# [ABOUT THIS TASK]
How many lines in the records below contain "IsAnswered"? Reply with the number only.
---+---
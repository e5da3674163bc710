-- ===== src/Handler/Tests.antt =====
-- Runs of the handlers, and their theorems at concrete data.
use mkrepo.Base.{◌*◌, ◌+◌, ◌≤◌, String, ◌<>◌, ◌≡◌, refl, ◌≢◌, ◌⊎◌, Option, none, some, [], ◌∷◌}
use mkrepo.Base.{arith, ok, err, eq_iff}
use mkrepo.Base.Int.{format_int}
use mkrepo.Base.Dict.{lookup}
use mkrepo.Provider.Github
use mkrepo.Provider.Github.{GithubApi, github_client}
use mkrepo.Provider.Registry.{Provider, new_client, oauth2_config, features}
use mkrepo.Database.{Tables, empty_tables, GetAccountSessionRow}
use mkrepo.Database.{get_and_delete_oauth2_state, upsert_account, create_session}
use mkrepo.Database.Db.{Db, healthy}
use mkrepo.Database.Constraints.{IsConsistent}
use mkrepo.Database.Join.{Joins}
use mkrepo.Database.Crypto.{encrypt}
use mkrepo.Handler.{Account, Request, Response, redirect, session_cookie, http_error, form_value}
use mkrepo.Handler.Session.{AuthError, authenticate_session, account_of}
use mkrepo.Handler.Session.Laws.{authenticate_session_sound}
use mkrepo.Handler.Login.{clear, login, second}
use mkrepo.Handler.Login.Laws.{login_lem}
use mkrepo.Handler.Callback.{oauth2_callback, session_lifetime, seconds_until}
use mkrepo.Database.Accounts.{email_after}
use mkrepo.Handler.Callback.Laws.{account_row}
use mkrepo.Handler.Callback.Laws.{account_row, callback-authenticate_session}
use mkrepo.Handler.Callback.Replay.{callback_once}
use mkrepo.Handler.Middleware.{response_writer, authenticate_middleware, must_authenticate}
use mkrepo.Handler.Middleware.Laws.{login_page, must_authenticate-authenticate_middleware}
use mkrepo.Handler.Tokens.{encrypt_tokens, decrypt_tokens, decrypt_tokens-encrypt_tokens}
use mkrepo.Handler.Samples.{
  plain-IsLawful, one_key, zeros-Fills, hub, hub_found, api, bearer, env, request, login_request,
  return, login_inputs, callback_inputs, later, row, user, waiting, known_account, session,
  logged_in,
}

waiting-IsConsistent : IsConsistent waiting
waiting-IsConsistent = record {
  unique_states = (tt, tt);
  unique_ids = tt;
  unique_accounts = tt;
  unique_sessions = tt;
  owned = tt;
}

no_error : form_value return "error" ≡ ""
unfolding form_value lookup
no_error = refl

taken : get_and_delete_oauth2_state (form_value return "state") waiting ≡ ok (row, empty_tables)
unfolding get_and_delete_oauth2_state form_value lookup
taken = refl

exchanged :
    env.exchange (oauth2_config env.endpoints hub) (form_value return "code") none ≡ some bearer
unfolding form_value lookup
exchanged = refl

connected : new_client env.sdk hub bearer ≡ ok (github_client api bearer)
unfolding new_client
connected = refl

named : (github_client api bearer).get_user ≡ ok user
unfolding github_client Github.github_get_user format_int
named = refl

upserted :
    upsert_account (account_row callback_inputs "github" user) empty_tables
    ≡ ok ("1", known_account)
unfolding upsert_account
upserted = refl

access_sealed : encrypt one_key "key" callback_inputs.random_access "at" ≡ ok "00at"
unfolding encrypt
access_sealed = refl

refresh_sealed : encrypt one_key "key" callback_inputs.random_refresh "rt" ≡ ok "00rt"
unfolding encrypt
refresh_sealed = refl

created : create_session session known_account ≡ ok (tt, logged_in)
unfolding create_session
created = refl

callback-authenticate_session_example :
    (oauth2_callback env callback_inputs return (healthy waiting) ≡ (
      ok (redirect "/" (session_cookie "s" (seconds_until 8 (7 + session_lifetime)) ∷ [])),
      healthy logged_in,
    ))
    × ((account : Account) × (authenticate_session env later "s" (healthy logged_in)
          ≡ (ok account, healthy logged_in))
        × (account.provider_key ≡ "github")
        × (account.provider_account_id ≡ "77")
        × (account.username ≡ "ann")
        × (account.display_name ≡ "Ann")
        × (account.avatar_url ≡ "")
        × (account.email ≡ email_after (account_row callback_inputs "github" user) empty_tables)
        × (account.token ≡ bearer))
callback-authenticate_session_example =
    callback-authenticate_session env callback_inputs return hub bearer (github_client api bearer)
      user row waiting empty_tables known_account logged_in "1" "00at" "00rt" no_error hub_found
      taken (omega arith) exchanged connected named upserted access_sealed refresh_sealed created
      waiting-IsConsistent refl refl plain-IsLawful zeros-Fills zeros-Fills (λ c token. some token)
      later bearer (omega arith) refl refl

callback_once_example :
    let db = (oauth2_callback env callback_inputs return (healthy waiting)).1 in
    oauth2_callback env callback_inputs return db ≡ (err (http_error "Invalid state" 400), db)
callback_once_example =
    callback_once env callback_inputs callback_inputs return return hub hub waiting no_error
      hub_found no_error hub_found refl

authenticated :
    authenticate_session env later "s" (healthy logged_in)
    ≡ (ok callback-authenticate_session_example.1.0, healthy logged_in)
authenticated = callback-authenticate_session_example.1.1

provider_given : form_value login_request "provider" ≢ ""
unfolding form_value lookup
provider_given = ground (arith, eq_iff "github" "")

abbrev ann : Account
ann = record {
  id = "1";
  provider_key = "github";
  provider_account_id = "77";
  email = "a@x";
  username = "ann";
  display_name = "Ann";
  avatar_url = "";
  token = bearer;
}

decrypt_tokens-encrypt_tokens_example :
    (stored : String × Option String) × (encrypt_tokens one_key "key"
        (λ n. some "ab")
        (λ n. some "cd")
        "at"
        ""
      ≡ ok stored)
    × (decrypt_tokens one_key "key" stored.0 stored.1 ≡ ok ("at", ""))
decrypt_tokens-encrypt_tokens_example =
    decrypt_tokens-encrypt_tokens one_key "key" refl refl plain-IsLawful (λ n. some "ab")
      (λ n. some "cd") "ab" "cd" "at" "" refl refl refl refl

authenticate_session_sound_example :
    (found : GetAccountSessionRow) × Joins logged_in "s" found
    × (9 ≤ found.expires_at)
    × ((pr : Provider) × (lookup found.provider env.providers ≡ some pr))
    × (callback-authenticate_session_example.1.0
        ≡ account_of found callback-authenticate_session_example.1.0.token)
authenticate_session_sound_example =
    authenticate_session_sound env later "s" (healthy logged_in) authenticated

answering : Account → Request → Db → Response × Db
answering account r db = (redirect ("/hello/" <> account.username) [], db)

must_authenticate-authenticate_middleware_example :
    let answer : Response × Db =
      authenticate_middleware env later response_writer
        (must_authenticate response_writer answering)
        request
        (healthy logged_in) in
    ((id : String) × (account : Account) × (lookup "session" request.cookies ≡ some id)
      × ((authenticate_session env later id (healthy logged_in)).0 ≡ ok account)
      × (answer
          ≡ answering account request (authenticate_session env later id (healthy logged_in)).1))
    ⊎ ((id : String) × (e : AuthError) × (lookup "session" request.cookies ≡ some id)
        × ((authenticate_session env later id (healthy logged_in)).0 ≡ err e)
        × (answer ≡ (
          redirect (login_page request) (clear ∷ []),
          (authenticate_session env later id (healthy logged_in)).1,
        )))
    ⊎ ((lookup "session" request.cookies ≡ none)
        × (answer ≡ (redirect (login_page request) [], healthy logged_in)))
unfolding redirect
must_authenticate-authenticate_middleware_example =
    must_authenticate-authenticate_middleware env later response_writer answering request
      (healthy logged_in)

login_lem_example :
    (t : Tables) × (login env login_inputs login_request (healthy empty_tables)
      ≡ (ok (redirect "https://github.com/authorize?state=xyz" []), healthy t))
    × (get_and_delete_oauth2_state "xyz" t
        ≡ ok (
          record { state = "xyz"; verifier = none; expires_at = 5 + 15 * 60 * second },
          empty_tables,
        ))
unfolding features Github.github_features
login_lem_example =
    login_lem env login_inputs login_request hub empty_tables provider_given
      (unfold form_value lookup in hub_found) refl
---+---
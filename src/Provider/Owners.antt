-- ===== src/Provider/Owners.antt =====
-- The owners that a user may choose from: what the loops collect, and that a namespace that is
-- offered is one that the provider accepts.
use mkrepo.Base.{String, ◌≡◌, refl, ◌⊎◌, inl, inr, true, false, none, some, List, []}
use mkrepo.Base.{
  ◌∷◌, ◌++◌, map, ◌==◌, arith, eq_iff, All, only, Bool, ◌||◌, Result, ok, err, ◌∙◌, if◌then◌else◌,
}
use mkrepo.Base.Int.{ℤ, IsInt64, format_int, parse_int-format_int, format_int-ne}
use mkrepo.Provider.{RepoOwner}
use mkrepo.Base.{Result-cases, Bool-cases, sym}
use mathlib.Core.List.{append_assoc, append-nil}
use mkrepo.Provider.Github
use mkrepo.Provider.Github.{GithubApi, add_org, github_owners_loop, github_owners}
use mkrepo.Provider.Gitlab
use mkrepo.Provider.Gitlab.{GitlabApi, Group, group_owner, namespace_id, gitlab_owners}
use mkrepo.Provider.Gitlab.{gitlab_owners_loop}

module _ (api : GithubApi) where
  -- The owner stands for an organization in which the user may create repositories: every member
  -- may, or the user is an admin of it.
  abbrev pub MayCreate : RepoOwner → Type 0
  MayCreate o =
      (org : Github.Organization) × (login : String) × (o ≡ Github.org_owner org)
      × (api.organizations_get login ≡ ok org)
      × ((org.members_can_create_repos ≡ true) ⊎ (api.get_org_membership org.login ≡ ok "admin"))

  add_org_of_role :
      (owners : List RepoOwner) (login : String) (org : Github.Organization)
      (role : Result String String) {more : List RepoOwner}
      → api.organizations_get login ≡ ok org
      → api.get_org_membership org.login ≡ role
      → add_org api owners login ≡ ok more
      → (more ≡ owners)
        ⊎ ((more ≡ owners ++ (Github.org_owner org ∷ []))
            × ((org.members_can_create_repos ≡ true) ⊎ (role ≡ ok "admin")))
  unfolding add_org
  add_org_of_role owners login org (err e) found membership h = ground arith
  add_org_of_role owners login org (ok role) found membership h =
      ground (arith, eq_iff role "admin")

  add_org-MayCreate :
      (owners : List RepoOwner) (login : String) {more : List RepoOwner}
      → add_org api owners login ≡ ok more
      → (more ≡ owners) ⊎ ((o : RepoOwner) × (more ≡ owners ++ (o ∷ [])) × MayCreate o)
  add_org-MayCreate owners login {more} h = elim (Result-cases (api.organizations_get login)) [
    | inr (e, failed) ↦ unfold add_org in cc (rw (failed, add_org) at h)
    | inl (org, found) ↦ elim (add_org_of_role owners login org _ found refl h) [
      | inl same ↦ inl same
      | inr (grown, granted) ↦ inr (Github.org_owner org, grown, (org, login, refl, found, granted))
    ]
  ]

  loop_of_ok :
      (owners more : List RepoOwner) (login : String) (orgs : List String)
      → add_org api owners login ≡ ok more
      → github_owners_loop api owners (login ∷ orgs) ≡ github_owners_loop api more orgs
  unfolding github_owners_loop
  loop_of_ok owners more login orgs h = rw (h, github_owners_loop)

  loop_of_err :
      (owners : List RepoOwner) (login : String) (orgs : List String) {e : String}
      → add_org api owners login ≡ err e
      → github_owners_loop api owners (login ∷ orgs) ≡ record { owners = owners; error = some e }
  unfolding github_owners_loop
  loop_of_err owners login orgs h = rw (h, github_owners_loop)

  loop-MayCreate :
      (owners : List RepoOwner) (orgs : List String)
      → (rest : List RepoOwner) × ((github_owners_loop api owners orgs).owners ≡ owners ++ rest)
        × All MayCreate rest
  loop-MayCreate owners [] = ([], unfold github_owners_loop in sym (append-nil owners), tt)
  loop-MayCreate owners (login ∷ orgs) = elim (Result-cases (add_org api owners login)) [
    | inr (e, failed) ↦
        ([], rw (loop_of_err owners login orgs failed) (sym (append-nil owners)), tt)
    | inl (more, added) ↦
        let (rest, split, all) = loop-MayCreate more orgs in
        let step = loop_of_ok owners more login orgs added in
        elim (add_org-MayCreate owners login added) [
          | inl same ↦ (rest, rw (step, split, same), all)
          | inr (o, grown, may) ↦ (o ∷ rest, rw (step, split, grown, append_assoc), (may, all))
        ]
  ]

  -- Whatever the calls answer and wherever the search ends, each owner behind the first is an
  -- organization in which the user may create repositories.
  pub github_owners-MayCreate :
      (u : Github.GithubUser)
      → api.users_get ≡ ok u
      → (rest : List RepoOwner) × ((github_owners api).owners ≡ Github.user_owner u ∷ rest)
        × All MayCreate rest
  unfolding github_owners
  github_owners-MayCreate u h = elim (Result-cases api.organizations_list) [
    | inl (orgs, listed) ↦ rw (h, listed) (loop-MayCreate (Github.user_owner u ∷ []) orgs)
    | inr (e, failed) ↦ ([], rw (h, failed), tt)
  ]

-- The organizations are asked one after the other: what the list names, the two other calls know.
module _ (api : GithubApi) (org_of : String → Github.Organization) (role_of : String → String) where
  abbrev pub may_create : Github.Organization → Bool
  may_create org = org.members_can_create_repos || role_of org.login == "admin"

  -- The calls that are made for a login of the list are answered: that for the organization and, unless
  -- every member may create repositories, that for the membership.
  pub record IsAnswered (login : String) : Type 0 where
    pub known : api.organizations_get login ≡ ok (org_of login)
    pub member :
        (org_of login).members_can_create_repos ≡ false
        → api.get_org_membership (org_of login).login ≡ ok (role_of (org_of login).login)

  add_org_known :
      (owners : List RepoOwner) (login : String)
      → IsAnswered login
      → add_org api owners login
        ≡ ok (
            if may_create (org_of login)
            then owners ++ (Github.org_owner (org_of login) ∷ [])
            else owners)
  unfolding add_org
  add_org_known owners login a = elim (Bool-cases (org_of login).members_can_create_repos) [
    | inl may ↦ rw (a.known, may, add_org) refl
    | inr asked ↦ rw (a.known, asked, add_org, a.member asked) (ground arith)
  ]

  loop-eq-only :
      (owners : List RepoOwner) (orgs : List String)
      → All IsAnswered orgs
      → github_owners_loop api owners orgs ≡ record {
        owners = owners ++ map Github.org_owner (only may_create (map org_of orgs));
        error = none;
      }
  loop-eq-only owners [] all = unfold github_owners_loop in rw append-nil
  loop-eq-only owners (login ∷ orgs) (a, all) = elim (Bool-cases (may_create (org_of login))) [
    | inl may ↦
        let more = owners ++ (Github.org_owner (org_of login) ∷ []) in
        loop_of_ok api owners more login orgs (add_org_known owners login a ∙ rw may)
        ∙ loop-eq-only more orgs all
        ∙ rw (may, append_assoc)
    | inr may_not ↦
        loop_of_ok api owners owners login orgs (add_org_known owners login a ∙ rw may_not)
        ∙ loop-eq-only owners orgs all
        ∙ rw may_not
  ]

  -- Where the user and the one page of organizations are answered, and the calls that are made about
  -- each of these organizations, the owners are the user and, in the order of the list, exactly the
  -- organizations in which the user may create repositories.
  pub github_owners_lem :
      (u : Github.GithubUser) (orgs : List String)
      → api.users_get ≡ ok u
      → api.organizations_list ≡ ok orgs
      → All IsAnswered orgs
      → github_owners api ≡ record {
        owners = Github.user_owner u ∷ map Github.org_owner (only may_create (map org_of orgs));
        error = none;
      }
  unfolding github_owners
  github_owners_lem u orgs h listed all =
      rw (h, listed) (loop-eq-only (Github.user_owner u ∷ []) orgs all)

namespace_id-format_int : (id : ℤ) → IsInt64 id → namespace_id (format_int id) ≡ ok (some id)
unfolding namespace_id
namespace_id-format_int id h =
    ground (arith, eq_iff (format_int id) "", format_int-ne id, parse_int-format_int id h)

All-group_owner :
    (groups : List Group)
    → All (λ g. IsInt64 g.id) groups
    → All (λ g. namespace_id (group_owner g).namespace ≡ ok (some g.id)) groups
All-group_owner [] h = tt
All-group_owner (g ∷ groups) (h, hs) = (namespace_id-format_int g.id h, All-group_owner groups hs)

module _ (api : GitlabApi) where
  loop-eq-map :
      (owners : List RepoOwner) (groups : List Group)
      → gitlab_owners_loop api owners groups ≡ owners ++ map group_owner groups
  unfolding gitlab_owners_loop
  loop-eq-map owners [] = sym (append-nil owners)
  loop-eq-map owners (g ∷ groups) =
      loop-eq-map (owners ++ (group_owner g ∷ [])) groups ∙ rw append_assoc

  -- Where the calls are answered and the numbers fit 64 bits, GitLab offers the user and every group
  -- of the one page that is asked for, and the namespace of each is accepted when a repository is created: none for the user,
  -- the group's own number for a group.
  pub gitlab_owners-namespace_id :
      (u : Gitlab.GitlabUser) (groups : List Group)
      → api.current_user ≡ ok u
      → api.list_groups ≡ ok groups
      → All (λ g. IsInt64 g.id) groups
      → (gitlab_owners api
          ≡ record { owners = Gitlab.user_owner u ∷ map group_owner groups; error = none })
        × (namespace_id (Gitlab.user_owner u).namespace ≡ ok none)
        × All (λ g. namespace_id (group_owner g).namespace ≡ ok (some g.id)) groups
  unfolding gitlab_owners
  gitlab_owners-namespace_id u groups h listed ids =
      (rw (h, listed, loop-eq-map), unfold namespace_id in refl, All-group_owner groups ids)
---+---
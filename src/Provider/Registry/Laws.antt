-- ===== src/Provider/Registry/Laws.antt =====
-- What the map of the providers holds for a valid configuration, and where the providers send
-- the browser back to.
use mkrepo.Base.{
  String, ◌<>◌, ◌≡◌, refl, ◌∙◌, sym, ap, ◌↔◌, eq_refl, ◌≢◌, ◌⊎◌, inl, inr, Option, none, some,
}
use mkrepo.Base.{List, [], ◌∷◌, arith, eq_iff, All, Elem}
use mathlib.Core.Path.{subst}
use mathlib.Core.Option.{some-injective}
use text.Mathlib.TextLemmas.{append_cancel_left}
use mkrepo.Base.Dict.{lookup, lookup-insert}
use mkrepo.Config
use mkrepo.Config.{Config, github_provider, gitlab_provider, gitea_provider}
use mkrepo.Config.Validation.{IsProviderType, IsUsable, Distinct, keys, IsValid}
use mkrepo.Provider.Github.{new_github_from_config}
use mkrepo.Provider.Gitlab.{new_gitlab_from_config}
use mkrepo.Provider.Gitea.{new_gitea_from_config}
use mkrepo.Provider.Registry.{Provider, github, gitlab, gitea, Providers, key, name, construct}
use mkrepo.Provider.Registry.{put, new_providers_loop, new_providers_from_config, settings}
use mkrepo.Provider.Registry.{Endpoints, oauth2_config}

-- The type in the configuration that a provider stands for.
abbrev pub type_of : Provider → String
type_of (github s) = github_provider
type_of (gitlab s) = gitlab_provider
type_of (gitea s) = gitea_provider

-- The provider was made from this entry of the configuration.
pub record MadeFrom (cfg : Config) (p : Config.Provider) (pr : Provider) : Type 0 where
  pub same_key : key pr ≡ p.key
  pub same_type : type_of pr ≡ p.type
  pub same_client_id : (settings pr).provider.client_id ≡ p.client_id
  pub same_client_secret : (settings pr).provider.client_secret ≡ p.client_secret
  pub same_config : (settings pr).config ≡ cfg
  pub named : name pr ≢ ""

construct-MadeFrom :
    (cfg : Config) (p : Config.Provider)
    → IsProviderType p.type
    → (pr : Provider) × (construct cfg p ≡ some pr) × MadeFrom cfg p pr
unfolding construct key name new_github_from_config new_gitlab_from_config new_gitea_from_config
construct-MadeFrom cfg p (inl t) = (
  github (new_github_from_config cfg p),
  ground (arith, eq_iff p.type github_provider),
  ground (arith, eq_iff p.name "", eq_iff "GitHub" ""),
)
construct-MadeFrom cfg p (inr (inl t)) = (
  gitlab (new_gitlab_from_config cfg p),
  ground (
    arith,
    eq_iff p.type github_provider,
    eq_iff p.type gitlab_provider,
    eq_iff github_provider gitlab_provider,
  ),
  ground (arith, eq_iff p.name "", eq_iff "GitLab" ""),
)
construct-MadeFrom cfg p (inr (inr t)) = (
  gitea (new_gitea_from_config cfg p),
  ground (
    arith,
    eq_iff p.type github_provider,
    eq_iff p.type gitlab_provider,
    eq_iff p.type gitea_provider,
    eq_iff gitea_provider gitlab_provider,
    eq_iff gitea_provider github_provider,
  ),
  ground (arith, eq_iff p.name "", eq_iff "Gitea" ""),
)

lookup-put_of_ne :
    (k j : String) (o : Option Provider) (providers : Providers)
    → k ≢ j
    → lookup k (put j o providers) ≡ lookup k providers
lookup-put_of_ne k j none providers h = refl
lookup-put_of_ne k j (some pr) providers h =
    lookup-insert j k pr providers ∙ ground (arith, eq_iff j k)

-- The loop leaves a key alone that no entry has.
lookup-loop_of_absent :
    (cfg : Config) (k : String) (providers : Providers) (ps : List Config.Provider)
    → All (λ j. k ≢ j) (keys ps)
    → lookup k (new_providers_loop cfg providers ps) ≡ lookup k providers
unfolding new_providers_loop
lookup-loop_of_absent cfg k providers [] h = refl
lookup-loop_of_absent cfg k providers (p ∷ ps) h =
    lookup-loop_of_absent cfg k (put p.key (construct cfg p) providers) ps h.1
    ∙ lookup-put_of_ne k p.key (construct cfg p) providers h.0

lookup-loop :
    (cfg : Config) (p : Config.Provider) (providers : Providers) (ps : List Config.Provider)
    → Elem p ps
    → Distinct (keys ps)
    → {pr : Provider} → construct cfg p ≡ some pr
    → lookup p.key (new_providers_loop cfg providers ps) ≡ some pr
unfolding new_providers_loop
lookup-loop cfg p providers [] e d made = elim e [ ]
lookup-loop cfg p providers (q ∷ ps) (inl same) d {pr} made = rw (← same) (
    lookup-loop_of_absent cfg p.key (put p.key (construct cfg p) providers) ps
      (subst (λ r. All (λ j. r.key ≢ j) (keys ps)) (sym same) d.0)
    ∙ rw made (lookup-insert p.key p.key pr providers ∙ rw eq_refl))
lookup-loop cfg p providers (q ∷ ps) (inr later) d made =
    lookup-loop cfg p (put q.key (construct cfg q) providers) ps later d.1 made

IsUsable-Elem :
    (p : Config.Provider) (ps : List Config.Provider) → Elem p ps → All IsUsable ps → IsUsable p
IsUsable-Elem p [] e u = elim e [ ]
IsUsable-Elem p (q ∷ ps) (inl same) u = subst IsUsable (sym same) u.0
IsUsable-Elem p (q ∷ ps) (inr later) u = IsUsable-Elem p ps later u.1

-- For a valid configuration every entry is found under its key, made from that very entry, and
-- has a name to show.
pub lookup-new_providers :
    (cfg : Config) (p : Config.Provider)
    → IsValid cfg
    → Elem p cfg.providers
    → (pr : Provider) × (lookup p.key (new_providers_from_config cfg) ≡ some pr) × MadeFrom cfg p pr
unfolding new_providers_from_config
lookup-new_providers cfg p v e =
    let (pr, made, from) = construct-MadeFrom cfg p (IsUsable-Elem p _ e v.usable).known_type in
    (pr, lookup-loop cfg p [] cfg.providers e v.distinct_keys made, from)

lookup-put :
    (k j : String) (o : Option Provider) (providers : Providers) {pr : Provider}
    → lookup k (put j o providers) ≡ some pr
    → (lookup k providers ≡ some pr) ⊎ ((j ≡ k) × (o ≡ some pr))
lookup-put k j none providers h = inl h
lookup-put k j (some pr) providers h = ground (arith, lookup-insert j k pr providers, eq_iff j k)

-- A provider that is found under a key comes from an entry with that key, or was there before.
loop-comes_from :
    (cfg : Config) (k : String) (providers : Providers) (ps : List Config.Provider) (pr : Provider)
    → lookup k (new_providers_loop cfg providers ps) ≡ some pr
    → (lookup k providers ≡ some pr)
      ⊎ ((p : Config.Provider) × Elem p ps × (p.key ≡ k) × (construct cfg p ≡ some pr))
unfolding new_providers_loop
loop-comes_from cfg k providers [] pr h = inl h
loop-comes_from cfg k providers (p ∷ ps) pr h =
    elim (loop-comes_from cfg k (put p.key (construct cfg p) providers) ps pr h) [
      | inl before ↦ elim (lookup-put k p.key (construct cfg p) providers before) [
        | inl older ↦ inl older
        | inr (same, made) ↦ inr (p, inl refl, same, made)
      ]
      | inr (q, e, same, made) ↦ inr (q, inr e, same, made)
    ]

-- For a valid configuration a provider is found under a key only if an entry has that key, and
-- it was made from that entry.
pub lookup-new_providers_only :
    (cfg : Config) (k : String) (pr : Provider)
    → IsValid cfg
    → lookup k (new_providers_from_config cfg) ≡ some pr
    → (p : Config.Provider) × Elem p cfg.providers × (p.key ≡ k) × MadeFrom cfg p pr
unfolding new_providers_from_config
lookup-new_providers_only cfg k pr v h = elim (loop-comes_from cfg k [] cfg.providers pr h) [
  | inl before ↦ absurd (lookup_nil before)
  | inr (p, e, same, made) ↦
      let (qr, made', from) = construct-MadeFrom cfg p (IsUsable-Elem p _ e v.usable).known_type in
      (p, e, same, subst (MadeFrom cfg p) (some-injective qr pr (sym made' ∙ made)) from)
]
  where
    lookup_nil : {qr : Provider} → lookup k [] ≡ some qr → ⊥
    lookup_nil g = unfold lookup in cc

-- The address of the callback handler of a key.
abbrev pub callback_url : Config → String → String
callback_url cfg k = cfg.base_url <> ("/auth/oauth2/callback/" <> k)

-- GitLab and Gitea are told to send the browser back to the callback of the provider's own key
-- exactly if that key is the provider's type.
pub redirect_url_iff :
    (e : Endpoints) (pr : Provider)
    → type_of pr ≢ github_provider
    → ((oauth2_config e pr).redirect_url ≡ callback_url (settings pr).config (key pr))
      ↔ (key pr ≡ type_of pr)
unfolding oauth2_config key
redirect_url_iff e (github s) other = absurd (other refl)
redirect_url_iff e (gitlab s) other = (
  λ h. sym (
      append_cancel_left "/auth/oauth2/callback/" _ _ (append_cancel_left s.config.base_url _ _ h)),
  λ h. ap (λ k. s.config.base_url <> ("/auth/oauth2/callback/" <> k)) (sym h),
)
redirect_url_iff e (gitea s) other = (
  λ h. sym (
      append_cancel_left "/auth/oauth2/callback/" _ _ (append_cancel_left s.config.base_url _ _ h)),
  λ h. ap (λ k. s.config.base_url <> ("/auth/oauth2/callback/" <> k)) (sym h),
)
---+---
# [FINAL ANSWER]
4